Celebrating the best bits and bobs to be found while exploring Britain, Ireland and beyond. Much is inspired by real outings, whether they were walking, cycling or photographic in nature, while virtual blundering in the name of planning them has turned up some gems too. Regardless of how they were found, I hope that they keep coming so I can continue to share new things with you.
For those considering a visit, I have to say that Wales has much to offer. I haven't made sections for every part of Wales where I have been but these are the ones that I know best. North and mid Wales has been the recipient of the bulk of my attention thus far but sections are in place for Pembrokeshire, Monmouthshire as well as Swansea and the Gower. The intention is that these will grow.
Wales plays host to a few national parks with the most famous of these being in the north-west of the principality. That's Snowdonia in English or Eryri in Welsh and the park is shared between Conwy and Gwynedd. Powys has the possibly oddly named Brecon Beacons National Park looking after the numerous mountain ranges within its boundaries (the Brecon Beacons are just one of these). The proximity of this park to the cities in the south of Wales doesn't mean that there aren't any quieter parts though you can expect to meet a fair few folk around the highest hill in southern Britain on a sunny day. After those, there's the Pembrokeshire Coast National Park with its National Trail facilitating the exploration of the stunning coastline to be found around there.

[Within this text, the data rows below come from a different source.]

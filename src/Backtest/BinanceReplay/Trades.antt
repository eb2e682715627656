-- ===== src/Backtest/BinanceReplay/Trades.antt =====
-- The stream of a whole file of trades.
use nano_trade.Base.{
  ℕ, ◌+◌, ◌<◌, ◌≤◌, ◌≡◌, inl, refl, sym, subst, arith, Bool, true, false, not, ◌&&◌, ◌==◌, if-holds,
  List, [], ◌∷◌,
}
use nano_trade.Base.Int.{ℤ, eqb_ℤ}
use nano_trade.Base.Double.{Double}
use nano_trade.Base.Lists.{length}
use nano_trade.Backtest.Csv.{Text}
use nano_trade.Backtest.Stream.{is_change, IsStream, no_orders}
use nano_trade.Backtest.BinanceReplay.{
  BinanceReplay, FromChars, Row, max_oid, init, push, cancel_bid, cancel_ask, move_side,
  trade_update, skip_row, is_digit, replay_trade, trade_line, replay_trades, parse_row,
}
use nano_trade.Backtest.BinanceReplay.Sides.{
  live, IsSent, IsSided, IsOpen, IsMoved, push-live, push-IsSent, cancel_bid-NoBid,
  cancel_ask-NoAsk, add_bid-IsMoved, add_ask-IsMoved,
}

move_side-IsMoved :
    (s : BinanceReplay) (m : Bool) (price : ℤ)
    → IsSided s
    → s.next_oid < max_oid
    → IsMoved s.next_oid (move_side s m price)
unfolding move_side
move_side-IsMoved s true price v room =
    if-holds (IsMoved s.next_oid) (eqb_ℤ price s.best_bid)
      (record { sided = v; next = omega arith })
      (add_bid-IsMoved s.next_oid (cancel_bid s) price room (cancel_bid-NoBid s v room))
move_side-IsMoved s false price v room =
    if-holds (IsMoved s.next_oid) (eqb_ℤ price s.best_ask)
      (record { sided = v; next = omega arith })
      (add_ask-IsMoved s.next_oid (cancel_ask s) price room (cancel_ask-NoAsk s v room))

-- A TRADE changes no order.
trade-IsMoved :
    (n : ℕ) (s : BinanceReplay) (t : ℕ) (row : Row)
    → IsMoved n s
    → IsMoved n (push s (trade_update t row))
unfolding push
trade-IsMoved n s t row v =
    let e : live (push s (trade_update t row)) ≡ live s = push-live s (trade_update t row) in
    record {
      sided = record {
        sent = push-IsSent s (trade_update t row) v.sided.sent (omega arith) refl;
        bid = subst (λ f. IsOpen f s.next_oid s.best_bid s.bid_oid) (sym e) v.sided.bid;
        ask = subst (λ f. IsOpen f s.next_oid s.best_ask s.ask_oid) (sym e) v.sided.ask;
        apart = v.sided.apart;
      };
      next = v.next;
    }

-- A change of the counts.
skip_row-IsMoved : (s : BinanceReplay) → IsSided s → IsMoved s.next_oid (skip_row s)
skip_row-IsMoved s v = record {
  sided = record {
    sent = record { stream = v.sent.stream; number = v.sent.number };
    bid = v.bid;
    ask = v.ask;
    apart = v.apart;
  };
  next = omega arith;
}

replay_trade-IsMoved :
    (s : BinanceReplay) (row : Row)
    → IsSided s
    → s.next_oid < max_oid
    → IsMoved s.next_oid (replay_trade s row)
unfolding replay_trade
replay_trade-IsMoved s row v room =
    if-holds (IsMoved s.next_oid) (row.scaled_qty == 0) (skip_row-IsMoved s v) (
      trade-IsMoved s.next_oid _ s.ticker_id row (
        move_side-IsMoved (record s { trades_processed = s.trades_processed + 1 })
          row.is_buyer_maker row.scaled_price
          (record {
            sent = record { stream = v.sent.stream; number = v.sent.number };
            bid = v.bid;
            ask = v.ask;
            apart = v.apart;
          })
          room))

module _ {W : Type 0} ⦃d : Double W⦄ (from_chars : FromChars W) where
  trade_line-IsMoved :
      (s : BinanceReplay) (l : Text)
      → IsSided s
      → s.next_oid < max_oid
      → IsMoved s.next_oid (trade_line from_chars s l)
  unfolding trade_line
  trade_line-IsMoved s [] v room = record { sided = v; next = omega arith }
  trade_line-IsMoved s (c ∷ cs) v room =
      if-holds (IsMoved s.next_oid)
        ((s.rows_emitted == 0) && ((s.trades_processed == 0) && not (is_digit c)))
        (skip_row-IsMoved s v) (replay_trade-IsMoved s (parse_row from_chars (c ∷ cs)) v room)

  replay_trades-IsSided :
      (s : BinanceReplay) (ls : List Text)
      → IsSided s
      → s.next_oid + length ls ≤ max_oid
      → IsSided (replay_trades from_chars s ls)
  unfolding replay_trades
  replay_trades-IsSided s [] v room = v
  replay_trades-IsSided s (l ∷ ls) v room =
      let m = trade_line-IsMoved s l v (omega (arith, room)) in
      replay_trades-IsSided (trade_line from_chars s l) ls m.sided (omega (arith, room, m.next))

  -- For a file with fewer lines than there are numbers for orders, whatever numbers its fields are
  -- read as: the messages of the replay are numbered in turn from 1, their order numbers are inside
  -- the arrays of a book, and each CANCEL is about an order that has been added and has not been
  -- cancelled since.
  pub replay_trades-IsStream :
      (ticker_id : ℕ) (ls : List Text)
      → length ls + 1 ≤ max_oid
      → IsStream is_change 1 no_orders (replay_trades from_chars (init ticker_id) ls).emitted
  unfolding init
  replay_trades-IsStream ticker_id ls h = IsSent.stream (
      IsSided.sent (
        replay_trades-IsSided (init ticker_id) ls
          (record {
            sent = record { stream = tt; number = refl };
            bid = inl refl;
            ask = inl refl;
            apart = inl refl;
          })
          (omega (arith, h))))
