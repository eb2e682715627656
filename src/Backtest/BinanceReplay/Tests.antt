-- ===== src/Backtest/BinanceReplay/Tests.antt =====
-- The replay of a file of three trades.
use nano_trade.Base.{ℕ, ◌+◌, ◌-◌, ◌*◌, arith, none, some, List, [], ◌∷◌}
use nano_trade.Base.Int.{pos, pos_part}
use nano_trade.Base.Double.{Double, Hundredths, hundredths}
use nano_trade.Backtest.Csv.{Text, comma}
use nano_trade.Backtest.Stream.{is_change, IsStream, no_orders}
use nano_trade.Backtest.BinanceReplay.{FromChars, init, replay_trades}
use nano_trade.Backtest.BinanceReplay.Trades.{replay_trades-IsStream}

instance abbrev in_hundredths : Double Hundredths
in_hundredths = hundredths

-- The decimal number with these digits, read on from `n`.
abbrev digits : ℕ → Text → ℕ
digits n [] = n
digits n (c ∷ cs) = digits (n * 10 + (c - 48)) cs

abbrev whole : Hundredths → ℕ
whole none = 0
whole (some n) = pos_part n

abbrev decimal : FromChars Hundredths
decimal = record {
  to_double = λ s. some (pos (digits 0 s));
  to_price = λ x. pos (whole x);
  to_qty = whole;
}

-- "1,p,2,1,1,1,m"
abbrev row : (price is_maker : ℕ) → Text
row price is_maker =
    49 ∷ comma ∷ price ∷ comma ∷ 50 ∷ comma ∷ 49 ∷ comma ∷ 49 ∷ comma ∷ 49 ∷ comma ∷ is_maker ∷ []

-- Sales at 5 and at 6, and a purchase at 7.
abbrev file : List Text
file = row 53 84 ∷ row 54 84 ∷ row 55 70 ∷ []

replay_trades-IsStream_example :
    IsStream is_change 1 no_orders (replay_trades decimal (init 3) file).emitted
replay_trades-IsStream_example = replay_trades-IsStream decimal 3 file (omega arith)
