-- ===== src/Base/Outcome.antt =====
-- What a call of the C++ code ends in. `ASSERT` and `FATAL` of common/macros.h end the process;
-- `std::array::at` throws out of range, which ends the process in a `noexcept` function; reading
-- through a null pointer is undefined.
use mathlib.Core.Bool.{Bool, true, false}
use mathlib.Core.Option.{Option, none, some}
use mathlib.Core.Path.{◌≡◌, refl}
use Prim.Native.Nat.{ℕ}

pub data Fault : Type 0 where
  fatal out_of_range null_deref overflow out_of_fuel : Fault

pub data Outcome {ℓ} (A : Type ℓ) : Type ℓ where
  ok : A → Outcome A
  fault : Fault → Outcome A

module _ {ℓ κ} {A : Type ℓ} {B : Type κ} where
  abbrev pub and_then : Outcome A → (A → Outcome B) → Outcome B
  and_then (ok a) k = k a
  and_then (fault e) k = fault e

-- Inversion of a chain that has ended.
pub and_then-eq-ok {ℓ κ} :
    {A : Type ℓ} {B : Type κ} (m : Outcome A) (k : A → Outcome B) {b : B}
    → and_then m k ≡ ok b
    → (a : A) × (m ≡ ok a) × (k a ≡ ok b)
and_then-eq-ok (ok a) k h = (a, refl, h)
and_then-eq-ok (fault e) k h = cc

-- A method: it reads and updates the state of its object.
abbrev pub M : Type 0 → Type 0 → Type 0
M S A = S → Outcome (A × S)

abbrev pub pure : {S A : Type 0} → A → M S A
pure a s = ok (a, s)

abbrev pub abort : {S A : Type 0} → Fault → M S A
abort e s = fault e

infixl 5 ◌>>=◌ ◌>>◌
abbrev pub ◌>>=◌ : {S A B : Type 0} → M S A → (A → M S B) → M S B
◌>>=◌ m k s = and_then (m s) λ (a, t). k a t

abbrev pub ◌>>◌ : {S A B : Type 0} → M S A → M S B → M S B
◌>>◌ m k s = and_then (m s) λ (a, t). k t

abbrev pub get : {S : Type 0} → M S S
get s = ok (s, s)

abbrev pub put : {S : Type 0} → S → M S (Unit {0})
put t s = ok (tt, t)

-- `ASSERT(cond, msg)`
abbrev pub assert : {S : Type 0} → Bool → M S (Unit {0})
assert true s = ok (tt, s)
assert false s = fault fatal

-- The address that a pointer holds; to use the null pointer is a fault.
abbrev pub deref : {S : Type 0} → Option ℕ → M S ℕ
deref none s = fault null_deref
deref (some i) s = ok (i, s)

There is more to Welsh countryside than what you find in its National Parks and the number of Areas of Outstanding Natural Beauty serve to prove that point. One that comes to mind is the Clwydian Range in Denbighshire but it too is not alone. With Wales being as hilly as it is, there are plenty of peaceful spots for those liking to wander through isolated hill country.
All of this should tell you that I have much to add yet. Hopefully, more visits to Wales are in the pipeline for me so that I can build on what already is to be found here already.
Of all the capitals in the U.K., Cardiff appears to be one of those that can be overlooked with London being a world city and Edinburgh's architecture and setting guaranteeing it fame. Also, it is easy to forget that there is countryside and coastline to the south of the city that needs exploring too. So far, there has only being one night's stay in the city for me and other occasions have seen me passing through the place. Maybe it deserves better than that.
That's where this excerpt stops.